Pesca protagonista a Macfrut1018 a Rimini dal 9 all’11 maggio prossimi. Si inizia già nella giornata inaugurale con convegno promosso dal Cso insieme a Macfrut, focus che vedrà la presenza di esperti del settore dei grandi paesi produttori europei, in primis Italia, Spagna e Grecia. L’incontro sarà anche un momento di confronto insieme ad alcuni paesi emergenti del bacino del Mediterraneo, alla presenza anche della grande distribuzione europea.
Le pesche e le nettarine, rappresentano per l’Italia uno dei principali prodotti frutticoli, e con una produzione attorno a 1.360.000 tonnellate il nostro Paese si gioca il primato europeo con la Spagna.
Secondo i dati del Cso, le pesche da consumo fresco con circa 590.000 tonnellate, hanno registrato un +10% sul 2016, le percoche con quasi 85.000 tonnellate, sono salite del 24%, mentre le nettarine si attestano con poco meno di 690.000 sul +5% rispetto all’anno scorso. In ogni caso l’offerta italiana di pesche nettarine, nonostante l’aumento rispetto all’anno precedente, si è posizionata sotto il 4% rispetto alla media degli ultimi anni, delineandosi così certamente non eccedentaria.
A determinare il quadro negativo per l’Italia è la situazione al di fuori dei confini nazionali. Quest’anno la produzione in Spagna è salita del 9% rispetto all’anno precedente, mentre la Francia si attestata sul +3%. Elevata la variazione percentuale per la Grecia +53% rispetto alle produzioni particolarmente deficitarie del 2016. Nel complesso dei principali paesi europei l’offerta 2017 prevista superava del 16% la disponibilità dell’anno precedente.
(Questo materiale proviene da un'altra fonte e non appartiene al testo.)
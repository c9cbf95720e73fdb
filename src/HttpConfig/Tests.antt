-- ===== src/HttpConfig/Tests.antt =====
-- Runs of src/utils/config.ts, and the theorems at concrete arguments.
use b2_mcp.Base.{
  Option, [], codes, if◌then◌else◌, leb, none, refl, some, ℕ, ◌&&◌, ◌*◌, ◌++◌, ◌+◌, ◌-◌, ◌∷◌, ◌≡◌,
}
use b2_mcp.Csv.{Units}
use b2_mcp.HttpConfig.{
  parse_http_host, parse_port, parsed, read_host_arg, read_port_arg, resolve_http_host,
  resolve_http_port, usage_error,
}
use b2_mcp.HttpConfig.Flags.{IsOther, joined, resolve_http_port-spell, spell}

-- A `Number` for a run: decimal digits only.
abbrev decimal_from : ℕ → Units → Option ℕ
decimal_from n [] = some n
decimal_from n (c ∷ s) =
    let rest = decimal_from (10 * n + (c - 48)) s in if leb 48 c && leb c 57 then rest else none

abbrev number : Units → Option ℕ
number s = decimal_from 0 s

trimmed_host :
    resolve_http_host (codes "--verbose" ∷ codes "--host= ::1 " ∷ []) 0 none
    ≡ parsed (some (codes "::1"))
unfolding resolve_http_host read_host_arg parse_http_host
trimmed_host = refl

too_large :
    resolve_http_port number (codes "--port" ∷ codes "65536" ∷ []) 0 none
    ≡ usage_error (codes "Invalid port: 65536")
unfolding resolve_http_port read_port_arg parse_port
too_large = refl

verbose-IsOther : IsOther (codes "--verbose")
verbose-IsOther = record { no_flag = refl; no_prefix = refl }

resolve_http_port-spell_example :
    resolve_http_port number
      ((codes "--verbose" ∷ []) ++ spell joined (56 ∷ codes "0") (codes "--port=9" ∷ []))
      0
      (some (codes "7"))
    ≡ parse_port number (56 ∷ codes "0")
resolve_http_port-spell_example =
    resolve_http_port-spell number (codes "--verbose" ∷ []) joined 56 (codes "0")
      (codes "--port=9" ∷ []) 0 (some (codes "7")) (verbose-IsOther, tt)
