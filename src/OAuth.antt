-- ===== src/OAuth.antt =====
-- src/oauth-resource-server.ts: what makes a bearer token acceptable.
pub mod Claims
pub mod Verified
pub mod Checks
pub mod Trusted
pub mod Jwks
pub mod TokenCache
pub mod AccessToken
pub mod Signed
pub mod Circuit
pub mod Opened
pub mod KeptAway
pub mod Retries
pub mod Fresh
pub mod Granted
mod Tests
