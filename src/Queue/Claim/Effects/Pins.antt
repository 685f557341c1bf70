-- ===== src/Queue/Claim/Effects/Pins.antt =====
-- What `ready` and `pinClaimedJob` of internal/bitci/controller.go find out and change.
use bitci.Prelude.{
  ℕ, Bool, true, ◌&&◌, some, List, [], ◌∷◌, ◌≡◌, refl, arith, ◌==◌, if◌then◌else◌, nat_eq, list_eq,
  contains, Bool-cases, inl, inr, Option-cases,
}
use bitci.Prelude.Text.{Text}
use bitci.Prelude.Strings.{is_empty, to_lower}
use bitci.Prelude.Result.{ok, >>=-eq-ok}
use bitci.Config.{Config}
use bitci.Queue.BatchRefs.{batch_ref}
use bitci.Queue.{State, queued, running, passed, failed, cancelled, Job, Store, Git, Host, World}
use bitci.Queue.Table.{find, update, has_id, in_batch}
use bitci.Queue.Rows.{Revised, Revised-refl, update-Revised, stays}
use bitci.Queue.Claim.{
  is_ready, after_need, ready, locate, git_pin, recorded_pin, replace_batch_ref, pin_claimed_job,
}
use bitci.Queue.Claim.Pending.{find-update}

-- The row of the task in the batch, as `ready` finds it, has passed.
abbrev pub HasPassed : List Job → Text → Text → Type 0
HasPassed jobs batch need =
    (row : Job) × (find (λ job. in_batch batch job && job.task == need) jobs ≡ some row)
    × (row.state ≡ passed)

pub ready-HasPassed :
    (jobs : List Job) (batch : Text) (needs : List Text) (need : Text)
    → ready jobs batch needs ≡ ok is_ready
    → contains needs need ≡ true
    → HasPassed jobs batch need
unfolding ready
ready-HasPassed jobs batch [] need h m = absurd (ground arith)
ready-HasPassed jobs batch (n ∷ ns) need h m =
    elim (Option-cases (find (λ job. in_batch batch job && job.task == n) jobs)) [
      | inl lost ↦ absurd (ground arith)
      | inr (row, found) ↦ elim (list_eq.dec need n) [
        | yes p ↦ rw p (row, found, done row.state (rw (found, ready) at h))
        | no other ↦
            ready-HasPassed jobs batch ns need (rest row.state (rw (found, ready) at h))
              (ground arith)
      ]
    ]
  where
    done : (s : State) → after_need s (ready jobs batch ns) ≡ ok is_ready → s ≡ passed
    done passed e = refl
    done queued e = absurd (ground arith)
    done running e = absurd (ground arith)
    done failed e = absurd (ground arith)
    done cancelled e = absurd (ground arith)

    rest :
        (s : State)
        → after_need s (ready jobs batch ns) ≡ ok is_ready
        → ready jobs batch ns ≡ ok is_ready
    rest s e = rw (done s e) at e

-- What `pin_claimed_job` leaves of the tables jobs and leases.
pub record Pinned (s : Store) (id : ℕ) (t : Store) (out : Job) : Type 0 where
  pub same_id : out.id ≡ id
  pub jobs : Revised s.jobs t.jobs
  pub leases : t.leases ≡ s.leases
  pub still :
      (row : Job)
      → find (has_id id) s.jobs ≡ some row
      → (after : Job) × (find (has_id id) t.jobs ≡ some after) × (after.state ≡ row.state)

locate-Pinned :
    (host : Host) (s : Store) (job : Job) (t : Store) (out : Job)
    → locate host s job ≡ ok (t, out)
    → Pinned s job.id t out
unfolding locate
locate-Pinned host s job t out h = elim (Bool-cases (is_empty job.checkout_root)) [
  | inr recorded ↦
      let same : s ≡ t = ground arith in
      let same_job : job ≡ out = ground arith in
      rw (← same, ← same_job)
        (record {
          same_id = refl;
          jobs = Revised-refl s.jobs;
          leases = refl;
          still = λ row f. (row, f, refl);
        })
  | inl fresh ↦ elim (Option-cases host.location) [
    | inl unknown ↦ absurd (ground (arith, unknown))
    | inr ((root, relative), known) ↦
        let at_root =
          λ (row : Job). record row { checkout_root = root; config_relative = relative } in
        let jobs_at : t.jobs ≡ update (in_batch job.batch) at_root s.jobs = ground (arith, known) in
        let leases_at : t.leases ≡ s.leases = ground (arith, known) in
        record {
          same_id = ground (arith, known);
          jobs = rw jobs_at (
              update-Revised (in_batch job.batch) at_root s.jobs (λ row m. record {
                id = refl;
                batch = refl;
                task = refl;
                config_json = refl;
                move = stays refl;
              }));
          leases = leases_at;
          still = λ row f.
              let g = find-update job.id (in_batch job.batch) at_root s.jobs row (λ y. refl) f in
              (if in_batch job.batch row then at_root row else row, rw jobs_at g, ground arith);
        }
  ]
]

pub pin_claimed_job-Pinned :
    {Repo : Type 0} (git : Git Repo) (host : Host) (own : Config) (w : World Repo) (job : Job)
    (next : World Repo) (out : Job) (created : Bool)
    → pin_claimed_job git host own w job ≡ ok (next, out, created)
    → Pinned w.store job.id next.store out
unfolding pin_claimed_job replace_batch_ref
pin_claimed_job-Pinned git host own w job next out created h =
    let ((store, located), e₁, h₁) = >>=-eq-ok (locate host w.store job) _ h in
    let pinned : Job = record located { ref = to_lower located.ref } in
    let (recorded, _, h₂) = >>=-eq-ok (recorded_pin store.batch_refs pinned) _ h₁ in
    let (fresh, _, h₃) =
      >>=-eq-ok
        (git_pin (git.rev_parse w.repo pinned.checkout_root (batch_ref pinned.batch)) pinned
          recorded)
        _ h₂ in
    let p = locate-Pinned host w.store job store located e₁ in
    elim (Option-cases
      (git.update_ref w.repo pinned.checkout_root (batch_ref pinned.batch) pinned.ref)) [
        | inl refused ↦ absurd (ground (arith, refused))
        | inr (repo, updated) ↦
            let jobs_at : next.store.jobs ≡ store.jobs = ground (arith, updated) in
            let leases_at : next.store.leases ≡ store.leases = ground (arith, updated) in
            let same : out.id ≡ located.id = ground (arith, updated) in
            record {
              same_id = cc (same, p.same_id);
              jobs = rw jobs_at p.jobs;
              leases = cc (leases_at, p.leases);
              still = rw jobs_at p.still;
            }
      ]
Quest’anno, per la prima volta dal 2007, sono state toccate quota 3.9 milioni di tonnellate, con le pesche e le nettarine, escluse le percoche, pari a 3 milioni di tonnellate, contro i 2,9 milioni di tonnellate degli anni passati.
In questa crescita, ha giocato un ruolo importante la Spagna, che da un potenziale massimo attorno 1,2 milioni di tonnellate, oggi è in grado di produrre, così come avvenuto quest’anno, 1,5 milioni di tonnellate.
Questo è il nodo che sta alla base della recente crisi peschicola, che ha interessata tutta l’Europa.